[Saved entries]
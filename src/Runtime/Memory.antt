-- ===== src/Runtime/Memory.antt =====
-- services/agent-runtime/memory.py. The turns of a session are in the process; those of a user are in
-- the table panasa-memory. `clip` is `[:2000]`.
use Prim.Native.String.{◌++◌ as append}
use mathlib.Core.List.{flatten}
use agent_builder_factory_ap.Base.{
  ℕ, suc, zero, ◌+◌, ◌-◌, ◌*◌, String, Bool, false, not, Option, none, some, List, [], ◌∷◌, ◌++◌,
  length, take, ◌==◌, if◌then◌else◌, ltb, string_key, nat_key,
}
use agent_builder_factory_ap.Table.{Table}

-- what the user asked and what the agent replied
abbrev pub Turn : Type 0
Turn = String × String

pub record MemoryItem : Type 0 where
  pub agent_id : String
  pub user_id : String
  pub content : String
  pub source_session_id : String
  pub expires_at : ℕ
  pub created_at : String

pub record MemoryConfig : Type 0 where
  pub agent_id : String
  pub memory_type : String
  pub ttl_days : ℕ
  pub max_session_turns : ℕ

-- the clock, its text, and a fresh id
pub record MemoryEnv : Type 0 where
  pub now : ℕ
  pub now_text : String
  pub memory_id : String
  pub clip : String → String

abbrev pub drop {ℓ} : {A : Type ℓ} → ℕ → List A → List A
drop zero xs = xs
drop (suc n) [] = []
drop (suc n) (x ∷ xs) = drop n xs

-- `_session_turns.get(session_id, [])`
abbrev pub turns_of : List (String × List Turn) → String → List Turn
turns_of [] session_id = []
turns_of (s ∷ ss) session_id = if s.0 == session_id then s.1 else turns_of ss session_id

abbrev pub with_turns : List (String × List Turn) → String → List Turn → List (String × List Turn)
with_turns [] session_id turns = (session_id, turns) ∷ []
with_turns (s ∷ ss) session_id turns =
    if s.0 == session_id then (session_id, turns) ∷ ss else s ∷ with_turns ss session_id turns

-- `del turns[: -max]`, which deletes nothing where max is 0
abbrev pub delete_oldest : ℕ → List Turn → List Turn
delete_oldest max turns = if max == 0 then turns else drop (length turns - max) turns

unfoldable pub trim : ℕ → List Turn → List Turn
trim max turns = if ltb max (length turns) then delete_oldest max turns else turns

unfoldable pub save_session :
    ℕ → String → String → String → List (String × List Turn) → List (String × List Turn)
save_session max session_id message response turns =
    with_turns turns session_id (trim max (turns_of turns session_id ++ ((message, response) ∷ [])))

abbrev turn_text : Turn → String
turn_text (m, r) = append "User: " (append m (append "\nAssistant: " r))

-- "\n".join
abbrev pub join : List String → String
join [] = ""
join (s ∷ []) = s
join (s ∷ t ∷ ts) = append s (append "\n" (join (t ∷ ts)))

abbrev texts_of : List Turn → List String
texts_of [] = []
texts_of (t ∷ ts) = turn_text t ∷ texts_of ts

unfoldable pub load_session : String → List (String × List Turn) → String
load_session session_id turns = join (texts_of (turns_of turns session_id))

abbrev pub partition_of : String → String → String
partition_of agent_id user_id = append agent_id (append "#" user_id)

abbrev lines_of : List MemoryItem → List String
lines_of [] = []
lines_of (i ∷ is) = if i.content == "" then lines_of is else append "- " i.content ∷ lines_of is

abbrev has_user : Option String → Bool
has_user none = false
has_user (some u) = not (u == "")

module _ ⦃t : Table String String MemoryItem⦄ where
  pub record Memory : Type 0 where
    pub session_turns : List (String × List Turn)
    pub items : t.Contents

  -- `_load_persistent`: the first page of a Query with Limit=20
  unfoldable pub load_persistent : MemoryConfig → String → Memory → String
  load_persistent c user_id m =
      join (lines_of (take 20 (flatten (t.query m.items (partition_of c.agent_id user_id)))))

  abbrev load_user : MemoryConfig → Option String → Memory → String
  load_user c none m = ""
  load_user c (some u) m = if u == "" then "" else load_persistent c u m

  unfoldable pub load : MemoryConfig → String → Option String → Memory → String
  load c session_id user_id m =
      if c.memory_type == "session"
      then load_session session_id m.session_turns
      else if c.memory_type == "persistent"
      then load_user c user_id m
      else ""

  abbrev item_for : MemoryEnv → MemoryConfig → String → String → String → String → MemoryItem
  item_for e c user_id session_id message response = record {
    agent_id = c.agent_id;
    user_id = user_id;
    content =
        e.clip (append "User asked: " (append message (append "\nAssistant replied: " response)));
    source_session_id = session_id;
    expires_at = e.now + c.ttl_days * 86400;
    created_at = e.now_text;
  }

  unfoldable pub save_persistent :
      MemoryEnv → MemoryConfig → String → String → String → String → Memory → Memory
  save_persistent e c user_id session_id message response m = record m {
    items =
        t.put_item m.items (partition_of c.agent_id user_id) e.memory_id
          (item_for e c user_id session_id message response);
  }

  abbrev save_user :
      MemoryEnv → MemoryConfig → Option String → String → String → String → Memory → Memory
  save_user e c none session_id message response m = m
  save_user e c (some u) session_id message response m =
      if u == "" then m else save_persistent e c u session_id message response m

  unfoldable pub save :
      MemoryEnv → MemoryConfig → String → Option String → String → String → Memory → Memory
  save e c session_id user_id message response m =
      if c.memory_type == "session"
      then record m {
        session_turns =
            save_session c.max_session_turns session_id message response m.session_turns;
      }
      else if c.memory_type == "persistent"
      then save_user e c user_id session_id message response m
      else m
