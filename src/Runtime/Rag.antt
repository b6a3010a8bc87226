-- ===== src/Runtime/Rag.antt =====
-- services/agent-runtime/rag_client.py. The catalog and Bedrock are fields of RagServices; either may
-- raise. The client keeps the id that it resolved for the life of the process.
use Prim.Native.String.{◌++◌ as append}
use agent_builder_factory_ap.Base.{
  ℕ, String, Bool, true, false, ◌&&◌, not, Option, none, some, List, [], ◌∷◌, Result, ok, err, Exec,
  pure, lift, ◌>>=◌, ◌==◌, if◌then◌else◌, string_key,
}
use agent_builder_factory_ap.Runtime.Guardrail.{is_set}

pub record KbConfig : Type 0 where
  pub enabled : Bool
  pub kb_id : Option String
  pub top_k : ℕ

-- The catalog's item, with its bedrock_kb_id, and the texts of the chunks that are found.
pub record RagServices : Type 0 where
  pub get_kb : String → String → Result String (Option (Option String))
  pub retrieve : String → String → ℕ → Result String (List (Option String))

pub record RagState : Type 0 where
  pub resolved : Bool
  pub bedrock_kb_id : Option String

abbrev id_of : Option (Option String) → Option String
id_of none = none
id_of (some i) = i

abbrev found : Result String (Option (Option String)) → Exec RagState String (Option String)
found (err e) s = (err e, record s { resolved = true })
found (ok item) s = (ok (id_of item), record { resolved = true; bedrock_kb_id = id_of item })

abbrev resolve_now : RagServices → String → Option String → Exec RagState String (Option String)
resolve_now services tenant_id none s = (ok none, record s { resolved = true })
resolve_now services tenant_id (some kb_id) s =
    if kb_id == ""
    then (ok none, record s { resolved = true })
    else found (services.get_kb tenant_id kb_id) s

unfoldable pub resolve_bedrock_kb_id :
    RagServices → String → KbConfig → Exec RagState String (Option String)
resolve_bedrock_kb_id services tenant_id c s =
    if s.resolved then (ok s.bedrock_kb_id, s) else resolve_now services tenant_id c.kb_id s

abbrev text_or_empty : Option String → String
text_or_empty none = ""
text_or_empty (some t) = t

-- "\n\n".join of the texts that are not empty; `before` says whether one stands before
abbrev joined : Bool → List (Option String) → String
joined before [] = ""
joined before (t ∷ ts) =
    if not (is_set t)
    then joined before ts
    else append (if before then "\n\n" else "") (append (text_or_empty t) (joined true ts))

abbrev chunks_of : Result String (List (Option String)) → Result String String
chunks_of (err e) = err e
chunks_of (ok ts) = ok (joined false ts)

abbrev search_kb : RagServices → KbConfig → String → Option String → Result String String
search_kb services c query none = ok ""
search_kb services c query (some i) =
    if i == "" then ok "" else chunks_of (services.retrieve i query c.top_k)

unfoldable pub retrieve : RagServices → String → KbConfig → String → Exec RagState String String
retrieve services tenant_id c query =
    if not (c.enabled && is_set c.kb_id)
    then pure ""
    else do kb ← resolve_bedrock_kb_id services tenant_id c; lift (search_kb services c query kb)
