-- ===== src/Runtime/State.antt =====
-- What the orchestrator of services/agent-runtime keeps and calls: the agent's configuration, the services
-- outside, the state of the process, and the actions of the parts on it. The model is a field of
-- Outside; it may depend on the calls before.
use agent_builder_factory_ap.Base.{
  ℕ, ◌≡◌, String, Bool, Option, none, some, List, ◌∷◌, Result, ok, err, Exec, string_key,
}
use agent_builder_factory_ap.Table.{Table}
use agent_builder_factory_ap.Tools.Policy.{ToolError, Effects, write_audit_event}
use agent_builder_factory_ap.Tools.Executor.{Services, Toolbox, ToolCall}
use agent_builder_factory_ap.Approval.Review.{ReviewItem, ApprovalError, World, Step}
use agent_builder_factory_ap.Quota.{Spending, record_llm_cost}
use agent_builder_factory_ap.Runtime.Guardrail.{GuardrailServices, GuardrailState}
use agent_builder_factory_ap.Runtime.Memory.{
  MemoryItem, MemoryConfig, MemoryEnv, Memory, load, save,
}
use agent_builder_factory_ap.Runtime.Prompt.{Message, HitlConfig, TurnEnv}
use agent_builder_factory_ap.Runtime.Rag.{KbConfig, RagServices, RagState}

-- the agent's configuration
pub record Agent : Type 0 where
  pub agent_id : String
  pub tenant_id : String
  pub guardrail_policy_id : Option String
  pub toolbox : Toolbox
  pub knowledge_base : KbConfig
  pub memory : MemoryConfig
  pub human_review : HitlConfig

pub record LlmResult : Type 0 where
  pub content : String
  pub tool_calls : List ToolCall
  pub cost_usd : Option ℕ
  pub input_tokens : Option ℕ
  pub output_tokens : Option ℕ

pub record Outside : Type 0 where
  pub guardrail : GuardrailServices
  pub rag : RagServices
  pub complete : List (List Message) → List Message → Result String LlmResult
  pub tools : Services
  pub mentions : String → String → Bool
  pub period : String
  pub turn : TurnEnv
  pub memory : MemoryEnv

pub data RunError : Type 0 where
  service_error : String → RunError
  tool_error : ToolError → RunError
  review_error : ApprovalError → RunError

-- the message of the user, with the ids that come with it
pub record ChatRequest : Type 0 where
  pub message : String
  pub session_id : String
  pub user_id : Option String

pub record RuntimeTables : Type 1 where
  pub reviews : Table String String ReviewItem
  pub memories : Table String String MemoryItem
  pub spending : Table String String Spending

abbrev pub or_zero : Option ℕ → ℕ
or_zero none = 0
or_zero (some n) = n

abbrev pub as_service : {A : Type 0} → Result String A → Result RunError A
as_service (ok a) = ok a
as_service (err e) = err (RunError.service_error e)

abbrev pub as_review : {A : Type 0} → Result ApprovalError A → Result RunError A
as_review (ok a) = ok a
as_review (err e) = err (RunError.review_error e)

pub returned : {A : Type 0} (x : Result String A) (c : A) → as_service x ≡ ok c → x ≡ ok c
returned (ok a) c h = cc h
returned (err e) c h = cc h

module _ ⦃t : RuntimeTables⦄ where
  instance abbrev pub review_table : Table String String ReviewItem
  review_table = t.reviews

  instance abbrev pub memory_table : Table String String MemoryItem
  memory_table = t.memories

  instance abbrev pub spending_table : Table String String Spending
  spending_table = t.spending

  -- the state of the process and of its tables; `completions` are the prompts that the model got, the
  -- latest first
  pub record Process : Type 0 where
    pub world : World
    pub guardrail : GuardrailState
    pub rag : RagState
    pub memory : Memory
    pub completions : List (List Message)
    pub spending : t.spending.Contents

  abbrev pub Action : Type 0 → Type 0
  Action A = Exec Process RunError A

  -- actions of the parts
  unfoldable pub in_guardrail : {A : Type 0} → Exec GuardrailState String A → Action A
  in_guardrail m p = (as_service (m p.guardrail).0, record p { guardrail = (m p.guardrail).1 })

  unfoldable pub in_rag : {A : Type 0} → Exec RagState String A → Action A
  in_rag m p = (as_service (m p.rag).0, record p { rag = (m p.rag).1 })

  unfoldable pub in_reviews : {A : Type 0} → Step A → Action A
  in_reviews m p = (as_review (m p.world).0, record p { world = (m p.world).1 })

  -- an action of the tools, whose exception is caught
  unfoldable pub attempt : {A : Type 0} → Exec Effects ToolError A → Action (Result ToolError A)
  attempt m p = (
    ok (m p.world.effects).0,
    record p { world = record (p.world) { effects = (m p.world.effects).1 } },
  )

  unfoldable pub audit : String → String → Action Unit
  audit event_type resource p = (
    ok tt,
    record p {
      world = record (p.world) {
        effects = (write_audit_event event_type resource "denied" none p.world.effects).1;
      };
    },
  )

  unfoldable pub load_memory : Agent → ChatRequest → Action String
  load_memory a q p = (ok (load a.memory q.session_id q.user_id p.memory), p)

  unfoldable pub save_memory :
      Outside → Agent → String → Option String → String → String → Action Unit
  save_memory o a session_id user_id message response p = (
    ok tt,
    record p { memory = save o.memory a.memory session_id user_id message response p.memory },
  )

  -- `llm.complete`, and the record of its cost right after it
  unfoldable pub complete : Outside → Agent → List Message → Action LlmResult
  complete o a messages p = (
    as_service (o.complete p.completions messages),
    record p { completions = messages ∷ p.completions },
  )

  unfoldable pub record_cost : Outside → Agent → LlmResult → Action Unit
  record_cost o a r p = (
    ok tt,
    record p {
      spending =
          record_llm_cost o.period a.tenant_id a.agent_id (some (or_zero r.cost_usd)) p.spending;
    },
  )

■ What to produce
From the records above, quote only the lines running from the line with "pub spending : Table String String Spending" to the line with "as_service (err e)", both lines included.

■ Task result
  pub spending : Table String String Spending

abbrev pub or_zero : Option ℕ → ℕ
or_zero none = 0
or_zero (some n) = n

abbrev pub as_service : {A : Type 0} → Result String A → Result RunError A
as_service (ok a) = ok a
as_service (err e) = err (RunError.service_error e)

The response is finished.